# Riding with Triplets - advice needed



## starvingdavid (Oct 25, 2010)

I've been searching but without much success

We've got triplets, about nine months old now. It would be nice to figure out how to go on a ride with them. Trouble is the internet is of no help. Right now I'm just trying to figure out what my options are.

Are there bike trailers on the market for three?

If not, should I consider a trailer along with a seat mounted on my bike?

I have a dedicated mtn bike and roadie, the mtn bike is pretty slow on the pavement and the roadie is fine but I'm a little concerned about stability. Should I consider a third hybrid bike for this purpose?

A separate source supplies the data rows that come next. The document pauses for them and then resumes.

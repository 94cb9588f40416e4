-- ===== src/Predicates/Marks.antt =====
-- The filters of the three reconcilers, and what they do with the program's own patches.
use cascader.Common.{
  ℕ, ℤ, pos, ◌<ℤ◌, ◌≡◌, refl, ap, ◌∙◌, sym, ◌≢◌, ◌↔◌, ◌⊎◌, inl, inr, Bool, true, false, Option,
  none, some, List, arith,
}
use cascader.Errors.{Result}
use cascader.Kinds.{AnnotationKindMap}
use cascader.Objects.{
  Annotations, PodTemplateSpec, Object, object_meta, Deployment, StatefulSet, DaemonSet, deployment,
  stateful_set, daemon_set,
}
use cascader.Workloads.{deployment_workload, stateful_set_workload, daemon_set_workload}
use cascader.Predicates.{
  extract_pod_template, scaled_to_zero, scaled_from_zero, single_replica_pod_deleted,
  daemon_set_transitioning, spec_changed, wrap_single_object_check, deployment_predicate,
  stateful_set_predicate, daemon_set_predicate,
}
use cascader.Predicates.Hash.{sum64a}
use cascader.Predicates.Laws.{
  IsAnnotated, IsRunning, replicas_of, scaled_iff, HashesDiffer, spec_changed_iff, four_checks_iff,
}

-- The count of the old object is 1, that of the new one is set, and the pod is lost: ready, and
-- for a Deployment available, before, and not afterwards.
abbrev pub PodLost : Object → Object → Type 0
PodLost (deployment old) (deployment new) =
    (old.replicas ≡ some (pos 1))
    × (new.replicas ≢ none)
    × (old.status.ready_replicas ≡ pos 1)
    × (new.status.ready_replicas ≡ pos 0)
    × (old.status.available_replicas ≡ pos 1)
    × (new.status.available_replicas ≡ pos 0)
PodLost (stateful_set old) (stateful_set new) =
    (old.replicas ≡ some (pos 1))
    × (new.replicas ≢ none)
    × (old.status.ready_replicas ≡ pos 1)
    × (new.status.ready_replicas ≡ pos 0)
PodLost _ _ = ⊥

pod_deleted_iff : (old new : Object) → (single_replica_pod_deleted old new ≡ true) ↔ PodLost old new
unfolding single_replica_pod_deleted
pod_deleted_iff (deployment old) (deployment new) = ground arith
pod_deleted_iff (stateful_set old) (stateful_set new) = ground arith
pod_deleted_iff _ _ = (λ h. absurd (cc), λ h. absurd h)

-- Not all the pods that are wanted are updated, or some are unavailable.
abbrev pub IsTransitioning : Object → Type 0
IsTransitioning (daemon_set ds) =
    (ds.status.updated_number_scheduled ≢ ds.status.desired_number_scheduled)
    ⊎ (pos 0 <ℤ ds.status.number_unavailable)
IsTransitioning _ = ⊥

IsTransitioning-iff :
    (object : Object) → (daemon_set_transitioning object ≡ true) ↔ IsTransitioning object
unfolding daemon_set_transitioning
IsTransitioning-iff (daemon_set ds) = ground arith
IsTransitioning-iff _ = (λ h. absurd (cc), λ h. absurd h)

module _ (marshal : PodTemplateSpec → Result (List ℕ)) (kinds : AnnotationKindMap) where
  -- A change of an annotated object that concerns all reconcilers, or that of `Own`.
  abbrev pub Concerns : Type 0 → Object → Object → Type 0
  Concerns Own old new =
      IsAnnotated (object_meta new).annotations kinds
      × (HashesDiffer marshal old new
          ⊎ (Own
              ⊎ ((IsRunning (replicas_of old) × (replicas_of new ≡ some (pos 0)))
                  ⊎ ((replicas_of old ≡ some (pos 0)) × IsRunning (replicas_of new)))))

  -- The reconciler of Deployments is told of an update exactly if the new object has one of the
  -- configured annotations, and the hash of the pod template changed, the pod of a single replica
  -- was lost, or the count went to or from zero.
  pub deployment_update_iff :
      (old new : Object)
      → ((deployment_predicate marshal kinds).update old new ≡ true)
        ↔ Concerns (PodLost old new) old new
  unfolding deployment_predicate
  deployment_update_iff old new = ground (
    arith,
    four_checks_iff kinds (spec_changed marshal) single_replica_pod_deleted scaled_to_zero
        scaled_from_zero old new,
    spec_changed_iff marshal old new,
    pod_deleted_iff old new,
    scaled_iff old new,
  )

  -- So for StatefulSets.
  stateful_set_update_iff :
      (old new : Object)
      → ((stateful_set_predicate marshal kinds).update old new ≡ true)
        ↔ Concerns (PodLost old new) old new
  unfolding stateful_set_predicate deployment_predicate
  stateful_set_update_iff old new = deployment_update_iff old new

  -- The reconciler of DaemonSets is told of an update exactly if the new object has one of the
  -- configured annotations, and the hash of the pod template changed, the new object is a DaemonSet
  -- with pods that are not updated or not available, or the count went to or from zero.
  pub daemon_set_update_iff :
      (old new : Object)
      → ((daemon_set_predicate marshal kinds).update old new ≡ true)
        ↔ Concerns (IsTransitioning new) old new
  unfolding daemon_set_predicate wrap_single_object_check
  daemon_set_update_iff old new = ground (
    arith,
    four_checks_iff kinds (spec_changed marshal) (λ _ o. daemon_set_transitioning o) scaled_to_zero
        scaled_from_zero old new,
    spec_changed_iff marshal old new,
    IsTransitioning-iff new,
    scaled_iff old new,
  )

  same_template :
      (old new : Object)
      → extract_pod_template old ≡ extract_pod_template new
      → ¬ HashesDiffer marshal old new
  same_template old new e (t, u, x, y, e1, e2, e3, e4, differ) =
      let same : t ≡ u = cc (e1, e2, e) in
      let same' : x ≡ y = cc (e3, e4, ap marshal same) in differ (ap sum64a same')

  same_count : (r : Option ℤ) → ¬ (IsRunning r × (r ≡ some (pos 0)))
  same_count r ((m, e, h), e') = absurd (ground arith)

  not_concerned :
      (Own : Type 0) (old new : Object)
      → extract_pod_template old ≡ extract_pod_template new
      → replicas_of old ≡ replicas_of new
      → Concerns Own old new
      → Own
  not_concerned Own old new e e' (_, inl differ) = absurd (same_template old new e differ)
  not_concerned Own old new e e' (_, inr (inl own)) = own
  not_concerned Own old new e e' (_, inr (inr (inl (running, zero)))) =
      absurd (same_count (replicas_of old) (running, e' ∙ zero))
  not_concerned Own old new e e' (_, inr (inr (inr (zero, running)))) =
      absurd (same_count (replicas_of new) (running, sym e' ∙ zero))

  false_of : (x : Bool) → ¬ (x ≡ true) → x ≡ false
  false_of true h = absurd (h refl)
  false_of false h = refl

  one_not_zero : (n : ℤ) → n ≡ pos 1 → n ≡ pos 0 → ⊥
  one_not_zero n p q = cc (p, q)

  -- The updates by which the program itself sets or removes an annotation in the metadata of a
  -- Deployment or a StatefulSet do not reach its reconciler, whatever annotations are left.
  pub marks_filtered :
      (m : Annotations) (dep : Deployment) (sts : StatefulSet)
      → ((deployment_predicate marshal kinds).update
            (deployment dep)
            (deployment (deployment_workload.annotated.set_annotations m dep))
          ≡ false)
        × ((stateful_set_predicate marshal kinds).update
              (stateful_set sts)
              (stateful_set (stateful_set_workload.annotated.set_annotations m sts))
            ≡ false)
  unfolding extract_pod_template
  marks_filtered m dep sts =
      let dep' = deployment_workload.annotated.set_annotations m dep in
      let sts' = stateful_set_workload.annotated.set_annotations m sts in
      (
        false_of _ (λ h.
            let lost : PodLost (deployment dep) (deployment dep') =
              not_concerned (PodLost (deployment dep) (deployment dep')) (deployment dep)
                (deployment dep') refl refl ((deployment_update_iff _ _).0 h) in
            one_not_zero dep.status.ready_replicas lost.2 lost.3),
        false_of _ (λ h.
            let lost : PodLost (stateful_set sts) (stateful_set sts') =
              not_concerned (PodLost (stateful_set sts) (stateful_set sts')) (stateful_set sts)
                (stateful_set sts') refl refl ((stateful_set_update_iff _ _).0 h) in
            one_not_zero sts.status.ready_replicas lost.2 lost.3),
      )

  -- An update by which the program itself sets or removes an annotation in the metadata of a
  -- DaemonSet does not reach its reconciler, if all its pods are updated and none is unavailable.
  pub daemon_set_marks_filtered :
      (m : Annotations) (ds : DaemonSet)
      → ¬ IsTransitioning (daemon_set ds)
      → (daemon_set_predicate marshal kinds).update
          (daemon_set ds)
          (daemon_set (daemon_set_workload.annotated.set_annotations m ds))
        ≡ false
  unfolding extract_pod_template
  daemon_set_marks_filtered m ds settled =
      let ds' = daemon_set_workload.annotated.set_annotations m ds in
      false_of _ (λ h. settled (
        not_concerned (IsTransitioning (daemon_set ds')) (daemon_set ds) (daemon_set ds') refl refl
          ((daemon_set_update_iff _ _).0 h)))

I've looked at Dutch/cargo bikes but that won't really work for me (I have to walk down/up stairs to reach street).


----------



## Metamorphic (Apr 29, 2011)

Wow, that's tough. I'd imagine the market for anything that holds 3 is too small to make it worth designing and producing for. The best you could do I would think is 2 in a Burley and the third on a rack mount seat. I saw somewhere there's a cargo bike, trike actually, that has a big bucket in the front. There you go. Babboe Big trike

Part of the problem is any solution is only going to be a solution for about a year, then you'll have to reconfigure as they grow. Could be a lot of very expensive bike purchases that are not really all that much fun.


----------



## starvingdavid (Oct 25, 2010)

The cargo bike is a very interesting idea, I've thought about it a lot. Ultimately I think it would be pretty difficult. I live up a small hill, so I wonder how much work it would be to crank up hill. Secondly, we don't have a garage and I have to walk down to get to my house from the street. I would need to keep the cargo bike on the street level in a dedicated shed or something.

I've thought about making a gravel bike with donated road bike parts a child seat on the back and pulling a trailer. My concern with this is stability. Say something goes wrong in the trailer, I don't quite know how easy or stable it will be to just pull over and leave the other one on the bike seat.


----------



## hallin222 (Oct 13, 2005)

Does you wife not ride? Why are you stuck pulling all three? Why not one double trailer behind dad, and one single trailer behind mom.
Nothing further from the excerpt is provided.